## About this exercise
Report every line of the listing below in which the string "antt" appears.

*** Data for processing ***

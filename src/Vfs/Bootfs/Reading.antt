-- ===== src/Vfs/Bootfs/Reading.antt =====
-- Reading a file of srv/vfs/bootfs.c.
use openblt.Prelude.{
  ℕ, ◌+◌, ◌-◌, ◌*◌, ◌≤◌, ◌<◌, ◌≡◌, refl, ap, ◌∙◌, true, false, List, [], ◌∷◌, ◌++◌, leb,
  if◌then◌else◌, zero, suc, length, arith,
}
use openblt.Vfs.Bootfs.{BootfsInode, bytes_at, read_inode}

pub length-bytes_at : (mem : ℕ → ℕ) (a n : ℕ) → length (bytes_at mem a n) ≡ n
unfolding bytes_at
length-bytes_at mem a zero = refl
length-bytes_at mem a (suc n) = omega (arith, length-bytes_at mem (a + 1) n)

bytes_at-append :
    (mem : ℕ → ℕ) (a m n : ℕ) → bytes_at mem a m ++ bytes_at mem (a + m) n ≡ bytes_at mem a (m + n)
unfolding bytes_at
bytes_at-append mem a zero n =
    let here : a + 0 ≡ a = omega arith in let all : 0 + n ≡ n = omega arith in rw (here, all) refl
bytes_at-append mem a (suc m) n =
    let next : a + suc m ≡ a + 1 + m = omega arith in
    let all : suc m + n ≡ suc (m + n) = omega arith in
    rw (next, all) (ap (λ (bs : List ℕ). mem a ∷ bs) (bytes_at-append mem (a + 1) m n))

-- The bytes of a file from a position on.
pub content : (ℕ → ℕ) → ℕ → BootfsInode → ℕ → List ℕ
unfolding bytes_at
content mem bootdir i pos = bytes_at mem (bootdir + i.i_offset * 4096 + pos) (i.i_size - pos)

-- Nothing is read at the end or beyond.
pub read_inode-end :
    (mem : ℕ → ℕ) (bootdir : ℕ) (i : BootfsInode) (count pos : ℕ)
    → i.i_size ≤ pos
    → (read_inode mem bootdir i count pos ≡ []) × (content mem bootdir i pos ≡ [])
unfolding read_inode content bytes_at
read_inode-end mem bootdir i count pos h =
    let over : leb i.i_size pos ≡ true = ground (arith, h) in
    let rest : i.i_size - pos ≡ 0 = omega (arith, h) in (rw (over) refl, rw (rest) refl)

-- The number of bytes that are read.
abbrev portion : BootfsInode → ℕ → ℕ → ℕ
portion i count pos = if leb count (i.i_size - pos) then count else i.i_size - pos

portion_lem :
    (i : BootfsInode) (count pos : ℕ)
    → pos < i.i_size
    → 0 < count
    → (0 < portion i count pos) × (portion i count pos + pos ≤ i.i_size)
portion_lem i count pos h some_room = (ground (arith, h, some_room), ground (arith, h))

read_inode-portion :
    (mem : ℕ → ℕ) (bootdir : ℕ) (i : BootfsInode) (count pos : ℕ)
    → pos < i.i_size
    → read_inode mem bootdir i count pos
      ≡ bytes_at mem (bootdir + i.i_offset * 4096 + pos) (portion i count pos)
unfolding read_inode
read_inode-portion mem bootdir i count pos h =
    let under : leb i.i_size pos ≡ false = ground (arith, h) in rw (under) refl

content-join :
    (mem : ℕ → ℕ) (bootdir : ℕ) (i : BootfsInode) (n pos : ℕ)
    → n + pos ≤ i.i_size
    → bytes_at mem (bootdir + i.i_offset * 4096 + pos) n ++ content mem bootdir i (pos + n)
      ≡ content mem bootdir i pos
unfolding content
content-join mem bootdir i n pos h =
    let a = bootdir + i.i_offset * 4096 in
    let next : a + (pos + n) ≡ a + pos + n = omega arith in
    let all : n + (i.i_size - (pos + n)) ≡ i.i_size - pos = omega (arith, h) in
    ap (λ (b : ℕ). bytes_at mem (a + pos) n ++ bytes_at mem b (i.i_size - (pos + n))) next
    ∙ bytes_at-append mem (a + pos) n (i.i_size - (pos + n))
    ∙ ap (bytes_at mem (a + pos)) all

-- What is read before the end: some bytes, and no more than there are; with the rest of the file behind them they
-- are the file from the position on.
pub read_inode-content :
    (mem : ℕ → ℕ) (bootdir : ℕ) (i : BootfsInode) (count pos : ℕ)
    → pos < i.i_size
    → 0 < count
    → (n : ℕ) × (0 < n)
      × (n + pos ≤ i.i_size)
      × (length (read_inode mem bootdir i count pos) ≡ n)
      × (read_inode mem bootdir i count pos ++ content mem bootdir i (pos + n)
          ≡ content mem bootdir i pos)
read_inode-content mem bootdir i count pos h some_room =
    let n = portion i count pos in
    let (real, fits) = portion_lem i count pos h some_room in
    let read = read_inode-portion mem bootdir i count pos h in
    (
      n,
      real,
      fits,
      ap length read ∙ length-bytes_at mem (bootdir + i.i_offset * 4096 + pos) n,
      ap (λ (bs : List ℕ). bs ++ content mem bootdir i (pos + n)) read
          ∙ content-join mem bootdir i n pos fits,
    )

*** End of Data for processing ***

## Output
filename src/Vfs/Bootfs/Reading.antt
-- ===== src/Vfs/Bootfs/Reading.antt =====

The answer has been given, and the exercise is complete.